Lines to restate from the data below: from the one containing "let added : lookup" to the one containing "e ∙ ap (λ g.", both included. Give them again exactly, and only them.

Stored items from a collection
______________________________
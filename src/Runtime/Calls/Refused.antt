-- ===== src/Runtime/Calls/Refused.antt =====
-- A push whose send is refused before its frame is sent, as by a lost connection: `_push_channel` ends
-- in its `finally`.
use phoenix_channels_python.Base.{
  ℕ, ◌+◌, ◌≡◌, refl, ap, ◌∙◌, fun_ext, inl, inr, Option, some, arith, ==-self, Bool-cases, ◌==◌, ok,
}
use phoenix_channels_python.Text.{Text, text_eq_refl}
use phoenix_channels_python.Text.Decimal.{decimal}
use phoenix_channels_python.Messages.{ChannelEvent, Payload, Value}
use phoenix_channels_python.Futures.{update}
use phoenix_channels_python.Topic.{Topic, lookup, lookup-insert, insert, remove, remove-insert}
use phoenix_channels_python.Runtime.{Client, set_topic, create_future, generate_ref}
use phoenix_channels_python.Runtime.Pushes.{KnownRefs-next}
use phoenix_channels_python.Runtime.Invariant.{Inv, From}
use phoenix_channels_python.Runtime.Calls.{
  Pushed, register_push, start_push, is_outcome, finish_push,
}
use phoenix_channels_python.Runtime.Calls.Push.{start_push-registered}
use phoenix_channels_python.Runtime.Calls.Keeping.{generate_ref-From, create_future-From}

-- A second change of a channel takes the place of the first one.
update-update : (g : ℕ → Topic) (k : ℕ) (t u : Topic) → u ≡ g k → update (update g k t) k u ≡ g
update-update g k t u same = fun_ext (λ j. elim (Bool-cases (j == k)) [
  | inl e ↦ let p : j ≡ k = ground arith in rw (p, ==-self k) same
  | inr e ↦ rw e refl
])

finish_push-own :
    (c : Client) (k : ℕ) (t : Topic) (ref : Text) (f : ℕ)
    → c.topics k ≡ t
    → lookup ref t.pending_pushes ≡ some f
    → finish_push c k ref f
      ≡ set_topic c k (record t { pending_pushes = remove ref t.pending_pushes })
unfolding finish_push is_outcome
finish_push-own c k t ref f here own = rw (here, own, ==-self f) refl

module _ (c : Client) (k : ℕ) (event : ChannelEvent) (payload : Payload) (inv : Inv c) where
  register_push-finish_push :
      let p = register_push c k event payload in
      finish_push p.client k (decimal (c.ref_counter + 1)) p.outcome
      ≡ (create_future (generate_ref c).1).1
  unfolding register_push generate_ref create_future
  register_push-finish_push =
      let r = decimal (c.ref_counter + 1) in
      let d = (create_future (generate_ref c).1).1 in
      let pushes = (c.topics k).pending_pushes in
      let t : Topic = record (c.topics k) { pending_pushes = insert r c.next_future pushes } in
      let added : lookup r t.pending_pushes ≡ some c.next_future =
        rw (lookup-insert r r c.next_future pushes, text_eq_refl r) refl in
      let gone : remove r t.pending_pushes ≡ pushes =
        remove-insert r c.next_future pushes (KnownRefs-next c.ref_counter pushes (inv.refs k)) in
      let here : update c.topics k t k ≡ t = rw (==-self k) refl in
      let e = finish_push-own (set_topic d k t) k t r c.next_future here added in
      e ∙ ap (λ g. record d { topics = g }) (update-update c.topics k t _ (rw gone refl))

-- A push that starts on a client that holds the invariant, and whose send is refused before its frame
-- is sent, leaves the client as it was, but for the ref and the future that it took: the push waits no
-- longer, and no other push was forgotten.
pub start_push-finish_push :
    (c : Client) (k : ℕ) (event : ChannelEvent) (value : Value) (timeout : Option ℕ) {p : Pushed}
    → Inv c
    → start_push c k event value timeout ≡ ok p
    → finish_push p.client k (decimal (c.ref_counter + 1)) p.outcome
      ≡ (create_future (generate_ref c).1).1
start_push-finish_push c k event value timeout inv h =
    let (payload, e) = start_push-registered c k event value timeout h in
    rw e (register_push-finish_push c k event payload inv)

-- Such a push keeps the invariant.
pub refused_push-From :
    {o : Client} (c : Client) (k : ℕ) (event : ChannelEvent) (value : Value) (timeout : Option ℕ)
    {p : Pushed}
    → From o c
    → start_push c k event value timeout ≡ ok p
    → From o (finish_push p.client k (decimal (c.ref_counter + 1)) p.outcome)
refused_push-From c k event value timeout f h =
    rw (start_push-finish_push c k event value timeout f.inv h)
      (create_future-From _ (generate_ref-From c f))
______________________________
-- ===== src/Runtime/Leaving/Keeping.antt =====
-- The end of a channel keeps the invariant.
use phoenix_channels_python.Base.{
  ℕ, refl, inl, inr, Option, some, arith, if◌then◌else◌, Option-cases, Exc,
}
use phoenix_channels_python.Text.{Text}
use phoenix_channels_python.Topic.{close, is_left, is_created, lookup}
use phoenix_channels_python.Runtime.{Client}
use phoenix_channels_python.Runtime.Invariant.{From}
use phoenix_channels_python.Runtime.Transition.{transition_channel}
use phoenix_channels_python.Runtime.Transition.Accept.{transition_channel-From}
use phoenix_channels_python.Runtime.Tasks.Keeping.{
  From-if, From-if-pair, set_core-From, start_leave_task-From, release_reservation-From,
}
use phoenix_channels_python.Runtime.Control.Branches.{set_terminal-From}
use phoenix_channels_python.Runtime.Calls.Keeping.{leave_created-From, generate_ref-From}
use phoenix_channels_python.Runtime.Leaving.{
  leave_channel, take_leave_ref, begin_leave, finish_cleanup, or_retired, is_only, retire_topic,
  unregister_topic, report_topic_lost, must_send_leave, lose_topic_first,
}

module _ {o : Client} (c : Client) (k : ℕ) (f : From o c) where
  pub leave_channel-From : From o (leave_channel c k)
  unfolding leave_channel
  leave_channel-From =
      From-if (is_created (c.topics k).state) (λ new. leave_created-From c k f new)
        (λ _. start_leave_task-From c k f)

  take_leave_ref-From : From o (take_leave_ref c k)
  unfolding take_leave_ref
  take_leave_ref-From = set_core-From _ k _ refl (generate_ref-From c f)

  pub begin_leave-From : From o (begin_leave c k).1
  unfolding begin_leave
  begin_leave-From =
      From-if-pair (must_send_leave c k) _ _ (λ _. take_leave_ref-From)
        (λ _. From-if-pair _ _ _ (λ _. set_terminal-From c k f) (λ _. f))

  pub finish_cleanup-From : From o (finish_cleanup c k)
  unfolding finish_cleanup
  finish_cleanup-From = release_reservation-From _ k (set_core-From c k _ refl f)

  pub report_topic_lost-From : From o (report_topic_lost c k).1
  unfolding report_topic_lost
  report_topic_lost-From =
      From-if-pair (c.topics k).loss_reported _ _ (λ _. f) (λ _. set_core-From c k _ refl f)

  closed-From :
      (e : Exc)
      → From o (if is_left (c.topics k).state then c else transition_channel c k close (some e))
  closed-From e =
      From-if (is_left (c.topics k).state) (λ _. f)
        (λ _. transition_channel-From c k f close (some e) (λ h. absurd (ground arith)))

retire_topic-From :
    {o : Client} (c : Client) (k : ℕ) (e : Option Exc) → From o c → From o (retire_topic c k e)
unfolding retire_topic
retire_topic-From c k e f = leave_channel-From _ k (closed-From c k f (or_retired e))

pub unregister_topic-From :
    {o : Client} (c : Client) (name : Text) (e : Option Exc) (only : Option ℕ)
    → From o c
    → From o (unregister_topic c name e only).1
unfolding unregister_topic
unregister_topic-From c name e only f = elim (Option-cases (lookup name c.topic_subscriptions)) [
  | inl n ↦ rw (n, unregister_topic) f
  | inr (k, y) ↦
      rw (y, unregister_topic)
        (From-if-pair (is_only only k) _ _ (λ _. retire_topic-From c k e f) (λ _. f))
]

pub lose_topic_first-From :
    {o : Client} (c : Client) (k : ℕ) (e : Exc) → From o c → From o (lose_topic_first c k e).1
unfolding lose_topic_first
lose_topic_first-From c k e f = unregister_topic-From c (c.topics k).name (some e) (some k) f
______________________________
- Solution to the problem -
      let added : lookup r t.pending_pushes ≡ some c.next_future =
        rw (lookup-insert r r c.next_future pushes, text_eq_refl r) refl in
      let gone : remove r t.pending_pushes ≡ pushes =
        remove-insert r c.next_future pushes (KnownRefs-next c.ref_counter pushes (inv.refs k)) in
      let here : update c.topics k t k ≡ t = rw (==-self k) refl in
      let e = finish_push-own (set_topic d k t) k t r c.next_future here added in
      e ∙ ap (λ g. record d { topics = g }) (update-update c.topics k t _ (rw gone refl))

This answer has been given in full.